How does Hamas use Turkish territory to plan attacks?

According to the Shin Bet, Hamas operatives carry out their activities largely unhindered from Turkish soil, exploiting local infrastructure to transmit instructions and move money to terrorists in the West Bank. In one case, an operative in Turkey directed a cell in Samaria and recruited two local residents for attacks.

Why is it significant that the attacks were directed from abroad?

Directing attacks from a foreign country is part of a Hamas strategy to shield its leadership from Israeli operations. It also makes interdiction harder, because Israeli forces cannot conduct arrests inside Turkey. Foiling dozens of such plots reflects deep intelligence penetration of the network by the Shin Bet.

How does Israel manage to stop attacks planned from outside its borders?

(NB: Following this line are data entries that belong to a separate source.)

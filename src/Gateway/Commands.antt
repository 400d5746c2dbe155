-- ===== src/Gateway/Commands.antt =====
-- The command handlers of server/src/Gateway/Commands. Each is called with the offset at the
-- command byte. All of them throw before they change anything, so `err` carries no state.
use r_type_server.Prelude.{
  ℕ, ◌+◌, ◌*◌, List, [], ◌∷◌, Option, none, some, ◌==◌, drop, if◌then◌else◌,
}
use r_type_server.Prelude.Dict.{
  Dict, nat_eq, endpoint_eq, endpoint_beq, is_empty, lookup, insert, erase, contains,
}
use r_type_server.Wire.{
  Bytes, Reader, incomplete_packet, unregistered, not_owner, ◌>>=◌, ◌>>◌, pure, throw, need,
  advance, byte_at,
}
use r_type_server.Gateway.State.{Gateway, Address}
use r_type_server.Gateway.Packets.{
  game_id_of, extract_game_id, parse_gs_key, parse_occupancy, parse_gids, build_create_msg,
  build_join_msg_for_client, build_join_msg_for_gs, build_simple_response,
}
use r_type_server.Gateway.Helpers.{
  send_to, find_least_occupied_gs, get_gs_handle, find_gs_key_by_handle,
}

-- `findGSKeyByHandle`, or an exception.
unfoldable pub require_gs : ℕ → Gateway → Reader Address
require_gs h gw = elim (find_gs_key_by_handle h gw) [
  | none ↦ throw unregistered
  | some key ↦ pure key
]

-- handleOK and handleKO
unfoldable pub handle_ok_ko : Gateway → Reader Gateway
handle_ok_ko gw = do need 1 incomplete_packet; advance 1; pure gw

-- The branch of `handleJoin` for a game server that answers a CREATE.
unfoldable pub note_game : ℕ → Option Address → Gateway → Gateway
note_game game_id none gw = gw
note_game game_id (some key) gw = record gw { game_to_gs = insert game_id key gw.game_to_gs }

unfoldable pub finish_create : ℕ → ℕ → Bytes → Gateway → Gateway
unfolding send_to game_id_of note_game
finish_create h client join_msg gw =
    let game_id = game_id_of (drop 5 join_msg) in
    let noted = note_game game_id (find_gs_key_by_handle h gw) gw in
    let sent = send_to client join_msg noted in
    record sent { pending_creates = erase h sent.pending_creates }

-- The branches of `handleJoin` for a client.
unfoldable pub route_join : ℕ → ℕ → Gateway → Gateway
unfolding send_to
route_join h id gw = elim (lookup id gw.game_to_gs) [
  | none ↦ send_to h (build_simple_response 2) gw
  | some (ip, port) ↦ send_to h (build_join_msg_for_gs ip port id) gw
]

unfoldable pub join_branches : ℕ → ℕ → Gateway → Reader Gateway
unfolding finish_create route_join
join_branches h id gw =
    if is_empty gw.gs_registry
    then pure (send_to h (build_simple_response 2) gw)
    else elim (lookup h gw.pending_creates) [
      | none ↦ pure (route_join h id gw)
      | some (client, _) ↦ (do
        join_msg ← build_join_msg_for_client 1
        pure (finish_create h client join_msg gw))
    ]

unfoldable pub handle_join : ℕ → Gateway → Reader Gateway
unfolding join_branches extract_game_id
handle_join h gw = do
  need 5 incomplete_packet
  id ← extract_game_id 1
  gw' ← join_branches h id gw
  advance 5
  pure gw'

-- CREATE goes to the game server with the least games; the answer is awaited under its handle.
unfoldable pub forward_create : ℕ → ℕ → ℕ → Gateway → Gateway
unfolding send_to
forward_create h gametype gs_handle gw =
    if gs_handle == 0
    then send_to h (build_simple_response 4) gw
    else (let sent = send_to gs_handle (build_create_msg gametype) gw in
        record sent { pending_creates = insert gs_handle (h, gametype) sent.pending_creates })

unfoldable pub create_branches : ℕ → ℕ → Gateway → Gateway
unfolding forward_create get_gs_handle
create_branches h gametype gw =
    if is_empty gw.gs_registry
    then send_to h (build_simple_response 4) gw
    else elim (find_least_occupied_gs gw) [
      | none ↦ send_to h (build_simple_response 4) gw
      | some key ↦ forward_create h gametype (get_gs_handle key gw) gw
    ]

unfoldable pub handle_create : ℕ → Gateway → Reader Gateway
unfolding create_branches
handle_create h gw = do
  need 2 incomplete_packet
  gametype ← byte_at 1
  advance 2
  pure (create_branches h gametype gw)

unfoldable pub register_gs : ℕ → Address → Gateway → Gateway
unfolding send_to contains
register_gs h key gw =
    let already_registered = contains key gw.gs_registry in
    send_to h (build_simple_response (if already_registered then 22 else 21)) (record gw {
      gs_registry = insert key 1 gw.gs_registry;
      gs_addr_to_handle =
          if already_registered then gw.gs_addr_to_handle else insert key h gw.gs_addr_to_handle;
    })

unfoldable pub handle_gs_registration : ℕ → Gateway → Reader Gateway
unfolding register_gs parse_gs_key
handle_gs_registration h gw = do
  need 19 incomplete_packet
  key ← parse_gs_key 1
  advance 19
  pure (register_gs h key gw)

unfoldable pub handle_occupancy : ℕ → Gateway → Reader Gateway
unfolding require_gs parse_occupancy
handle_occupancy h gw = do
  need 2 incomplete_packet
  occ ← parse_occupancy 1
  key ← require_gs h gw
  advance 2
  pure (record gw { occupancy_cache = insert key occ gw.occupancy_cache })

-- `for (uint32_t gid : gids) _game_to_gs[gid] = *gs_key`
unfoldable pub register_games : Address → List ℕ → Dict ℕ Address → Dict ℕ Address
register_games key [] games = games
register_games key (id ∷ ids) games = register_games key ids (insert id key games)

unfoldable pub handle_gid : ℕ → Gateway → Reader Gateway
unfolding require_gs parse_gids register_games
handle_gid h gw = do
  need 6 incomplete_packet
  len ← byte_at 1
  need (2 + len * 4) incomplete_packet
  key ← require_gs h gw
  gids ← parse_gids 2 (len * 4)
  advance (2 + len * 4)
  pure (record gw { game_to_gs = register_games key gids gw.game_to_gs })

-- A game is forgotten only at the word of the server that hosts it.
unfoldable pub end_game : Address → ℕ → Gateway → Reader Gateway
end_game key game_id gw = elim (lookup game_id gw.game_to_gs) [
  | none ↦ pure gw
  | some owner ↦
      if endpoint_beq owner key
      then pure (record gw { game_to_gs = erase game_id gw.game_to_gs })
      else throw not_owner
]

unfoldable pub handle_game_end : ℕ → Gateway → Reader Gateway
unfolding require_gs end_game extract_game_id
handle_game_end h gw = do
  need 5 incomplete_packet
  game_id ← extract_game_id 1
  key ← require_gs h gw
  gw' ← end_game key game_id gw
  advance 5
  pure gw'
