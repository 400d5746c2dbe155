-- ===== src/Gateway/Parse.antt =====
-- `Gateway::_parsePackets` of server/src/Gateway/ParsePackets.cpp.
use r_type_server.Prelude.{
  ℕ, zero, suc, ◌+◌, ◌%◌, true, false, [], ◌∷◌, ltb, leb, ◌&&◌, ◌==◌, length, drop, if◌then◌else◌,
}
use r_type_server.Prelude.Dict.{Dict, nat_eq, insert, get}
use r_type_server.Wire.{Bytes, Reader, ok, err, oob, invalid_packet, ◌>>=◌, throw}
use r_type_server.Gateway.State.{Gateway, max_parse_errors}
use r_type_server.Gateway.Packets.{get_header}
use r_type_server.Gateway.Commands.{
  handle_ok_ko, handle_join, handle_create, handle_gs_registration, handle_occupancy, handle_gid,
  handle_game_end,
}

-- The `switch` on the command byte.
unfoldable pub dispatch : ℕ → ℕ → Gateway → Reader Gateway
dispatch pkt h gw =
    if pkt == 1
    then handle_join h gw
    else if pkt == 2
    then handle_ok_ko gw
    else if pkt == 3
    then handle_create h gw
    else if pkt == 4
    then handle_ok_ko gw
    else if pkt == 5
    then handle_game_end h gw
    else if pkt == 20
    then handle_gs_registration h gw
    else if pkt == 21
    then handle_ok_ko gw
    else if pkt == 22
    then handle_ok_ko gw
    else if pkt == 23
    then handle_occupancy h gw
    else if pkt == 24
    then handle_gid h gw
    else throw invalid_packet

-- The body of the `try`.
unfoldable pub parse_packet : ℕ → Gateway → Reader Gateway
unfolding dispatch
parse_packet h gw = do pkt ← get_header; dispatch pkt h gw

-- How the work on one buffer ends: the offset up to which it is erased; the exception of a client
-- with too many errors; a read past the buffer; no more fuel.
pub data Parsed : Type 0 where
  stopped : Gateway → ℕ → Parsed
  fatal : Gateway → Parsed
  undefined : Parsed
  out_of_fuel : Parsed

-- The `catch`. `_parseErrors[handle]` is a uint8_t.
unfoldable pub count_error : ℕ → ℕ → Gateway → Parsed
unfolding get
count_error h o gw =
    let n = (get h 0 gw.parse_errors + 1) % 256 in
    let gw' = record gw { parse_errors = insert h n gw.parse_errors } in
    if leb max_parse_errors n then fatal gw' else stopped gw' o

-- `while (offset < buf.size())`: a round with no exception goes forward, so the length of the
-- buffer is fuel enough.
unfoldable pub parse_buffer : ℕ → ℕ → Gateway → Bytes → ℕ → Parsed
unfolding parse_packet count_error
parse_buffer zero h gw buf o = if ltb o (length buf) then out_of_fuel else stopped gw o
parse_buffer (suc fuel) h gw buf o = elim (ltb o (length buf)) [
  | false ↦ stopped gw o
  | true ↦ elim (parse_packet h gw buf o) [
    | ok gw' o' ↦ parse_buffer fuel h gw' buf o'
    | err e o' ↦ count_error h o' gw
    | oob ↦ undefined
  ]
]

pub data Outcome : Type 0 where
  done : Gateway → Outcome
  threw : Gateway → Outcome
  undefined : Outcome
  out_of_fuel : Outcome

-- `if (offset > 0 && offset <= buf.size()) buf.erase(…)`
unfoldable pub erase_parsed : ℕ → Bytes → Bytes
erase_parsed o buf = if ltb 0 o && leb o (length buf) then drop o buf else buf

-- The loop over `_recv_spans`. No handler touches them, so the list stands for the iteration.
unfoldable pub parse_spans : Dict ℕ Bytes → Gateway → Outcome
unfolding parse_buffer erase_parsed
parse_spans [] gw = done gw
parse_spans ((h, buf) ∷ rest) gw = elim (parse_buffer (length buf) h gw buf 0) [
  | stopped gw' o ↦
      parse_spans rest (record gw' { recv_spans = insert h (erase_parsed o buf) gw'.recv_spans })
  | fatal gw' ↦ threw gw'
  | undefined ↦ undefined
  | out_of_fuel ↦ out_of_fuel
]

unfoldable pub parse_packets : Gateway → Outcome
unfolding parse_spans
parse_packets gw = parse_spans gw.recv_spans gw
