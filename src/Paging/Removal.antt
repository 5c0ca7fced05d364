-- ===== src/Paging/Removal.antt =====
-- What the removal of a process's pages does to its tables and to the frames.
use raw_os.Common.{
  ℕ, suc, ◌+◌, ◌*◌, ◌≤◌, ◌<◌, ◌≡◌, ◌≢◌, ap, ◌∙◌, ◌⊎◌, Bool, true, false, not, ◌&&◌, ◌==◌, leb,
  arith,
}
use raw_os.Bitmap.Laws.{IsValid, bit_of}
use raw_os.Paging.{Paging, table_of}

-- The page `x` of the table `k` is one of the 2049 pages up to 0xF0000, the one at the address
-- 0xF0000000 included.
abbrev pub on_stack : ℕ → ℕ → Bool
on_stack k x = leb 0xEF800 (k * 1024 + x) && leb (k * 1024 + x) 0xF0000

module _ {M : Type 0} where
  -- The page `x` of the table `k` is present.
  abbrev pub shows : Paging M → ℕ → ℕ → ℕ → Bool
  shows s d k x = not (table_of s d k == 0) && (s.page_tables (table_of s d k) x).present

  abbrev pub frame_of : Paging M → ℕ → ℕ → ℕ → ℕ
  frame_of s d k x = (s.page_tables (table_of s d k) x).frame_address_20_bits

  abbrev pub goes : Paging M → ℕ → ℕ → ℕ → Bool
  goes s d k x = shows s d k x && not (on_stack k x)

  -- The `n` tables from `i` on are separate, and their pages have frames of their own, in use.
  pub record OwnsPages (s : Paging M) (d n i : ℕ) : Type 0 where
    pub valid : IsValid s.available_frames
    pub separate :
        (k l : ℕ) → i ≤ k → k < l → l < i + n → table_of s d k ≢ 0 → table_of s d k ≢ table_of s d l
    pub inside :
        (k x : ℕ)
        → i ≤ k
        → k < i + n
        → x < 1024
        → shows s d k x ≡ true
        → frame_of s d k x < s.available_frames.size * 8
    pub in_use :
        (k x : ℕ)
        → i ≤ k
        → k < i + n
        → x < 1024
        → shows s d k x ≡ true
        → bit_of s.available_frames (frame_of s d k x) ≡ true
    pub distinct :
        (k x l y : ℕ)
        → i ≤ k
        → k < i + n
        → x < 1024
        → i ≤ l
        → l < i + n
        → y < 1024
        → shows s d k x ≡ true
        → shows s d l y ≡ true
        → frame_of s d k x ≡ frame_of s d l y
        → (k ≡ l) × (x ≡ y)

  -- One table has been swept.
  pub record TableCleaned (s : Paging M) (d i : ℕ) (s' : Paging M) : Type 0 where
    pub valid : IsValid s'.available_frames
    pub frames_size : s'.available_frames.size ≡ s.available_frames.size
    pub gone : (x : ℕ) → x < 1024 → shows s' d i x ≡ (shows s d i x && on_stack i x)
    pub freed :
        (x : ℕ)
        → x < 1024
        → goes s d i x ≡ true
        → bit_of s'.available_frames (frame_of s d i x) ≡ false
    pub kept :
        (f : ℕ)
        → ((x : ℕ) → x < 1024 → goes s d i x ≡ true → frame_of s d i x ≢ f)
        → bit_of s'.available_frames f ≡ bit_of s.available_frames f
    pub tables : (k : ℕ) → k ≢ i → table_of s' d k ≡ table_of s d k
    pub here : (table_of s' d i ≡ 0) ⊎ (table_of s' d i ≡ table_of s d i)
    pub pages :
        (t x : ℕ)
        → (table_of s d i ≢ 0 → table_of s d i ≢ t)
        → s'.page_tables t x ≡ s.page_tables t x

  -- Of the `n` tables from `i` on, only the pages of the kernel's stack are left; the frames of
  -- the other pages are free, and no other frame, table or page has changed.
  pub record IsCleaned (s : Paging M) (d n i : ℕ) (s' : Paging M) : Type 0 where
    pub valid : IsValid s'.available_frames
    pub frames_size : s'.available_frames.size ≡ s.available_frames.size
    pub gone :
        (k x : ℕ) → i ≤ k → k < i + n → x < 1024 → shows s' d k x ≡ (shows s d k x && on_stack k x)
    pub freed :
        (k x : ℕ)
        → i ≤ k
        → k < i + n
        → x < 1024
        → goes s d k x ≡ true
        → bit_of s'.available_frames (frame_of s d k x) ≡ false
    pub kept :
        (f : ℕ)
        → ((k x : ℕ) → i ≤ k → k < i + n → x < 1024 → goes s d k x ≡ true → frame_of s d k x ≢ f)
        → bit_of s'.available_frames f ≡ bit_of s.available_frames f
    pub tables : (k : ℕ) → k < i → table_of s' d k ≡ table_of s d k
    pub pages :
        (t x : ℕ)
        → ((k : ℕ) → i ≤ k → k < i + n → table_of s d k ≢ 0 → table_of s d k ≢ t)
        → s'.page_tables t x ≡ s.page_tables t x

  -- A table behind the swept one.
  pub keeps :
      (s s1 : Paging M) (d i n k x : ℕ)
      → OwnsPages s d (suc n) i
      → TableCleaned s d i s1
      → i + 1 ≤ k
      → k < i + suc n
      → (table_of s1 d k ≡ table_of s d k)
        × (s1.page_tables (table_of s1 d k) x ≡ s.page_tables (table_of s d k) x)
  keeps s s1 d i n k x owns a le lt =
      let e = a.tables k (omega arith) in
      (
        e,
        ap (λ t. s1.page_tables t x) e
            ∙ a.pages (table_of s d k) x
                λ some_table. owns.separate i k (omega arith) (omega arith) lt some_table,
      )

  pub keeps-shows :
      (s s1 : Paging M) (d k x : ℕ)
      → (table_of s1 d k ≡ table_of s d k)
        × (s1.page_tables (table_of s1 d k) x ≡ s.page_tables (table_of s d k) x)
      → shows s1 d k x ≡ shows s d k x
  keeps-shows s s1 d k x (e, f) =
      ap (λ t. not (t == 0) && (s1.page_tables (table_of s1 d k) x).present) e
      ∙ ap (λ p. not (table_of s d k == 0) && p.present) f

  pub shows_if_it_goes : (s : Paging M) (d k x : ℕ) → goes s d k x ≡ true → shows s d k x ≡ true
  shows_if_it_goes s d k x e = ground (arith, e)

  pub keeps-goes :
      (s s1 : Paging M) (d k x : ℕ)
      → (table_of s1 d k ≡ table_of s d k)
        × (s1.page_tables (table_of s1 d k) x ≡ s.page_tables (table_of s d k) x)
      → goes s1 d k x ≡ goes s d k x
  keeps-goes s s1 d k x same = ap (λ b. b && not (on_stack k x)) (keeps-shows s s1 d k x same)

Israeli intelligence treats an attack as a chain that runs from foreign handlers to local recruits, funds, and weapons. By mapping that chain, the Shin Bet can interdict plots at multiple points, often by arresting recruited operatives or intercepting money and weapons before an attack is carried out, working closely with the IDF and Israel Police.

Is the threat from this network considered resolved?

No. Israel’s security establishment stresses that the threat is ongoing. As long as Hamas maintains a command structure dedicated to attacking Israeli civilians, whether in Gaza, the West Bank, Lebanon, or abroad, the work of detection and prevention continues.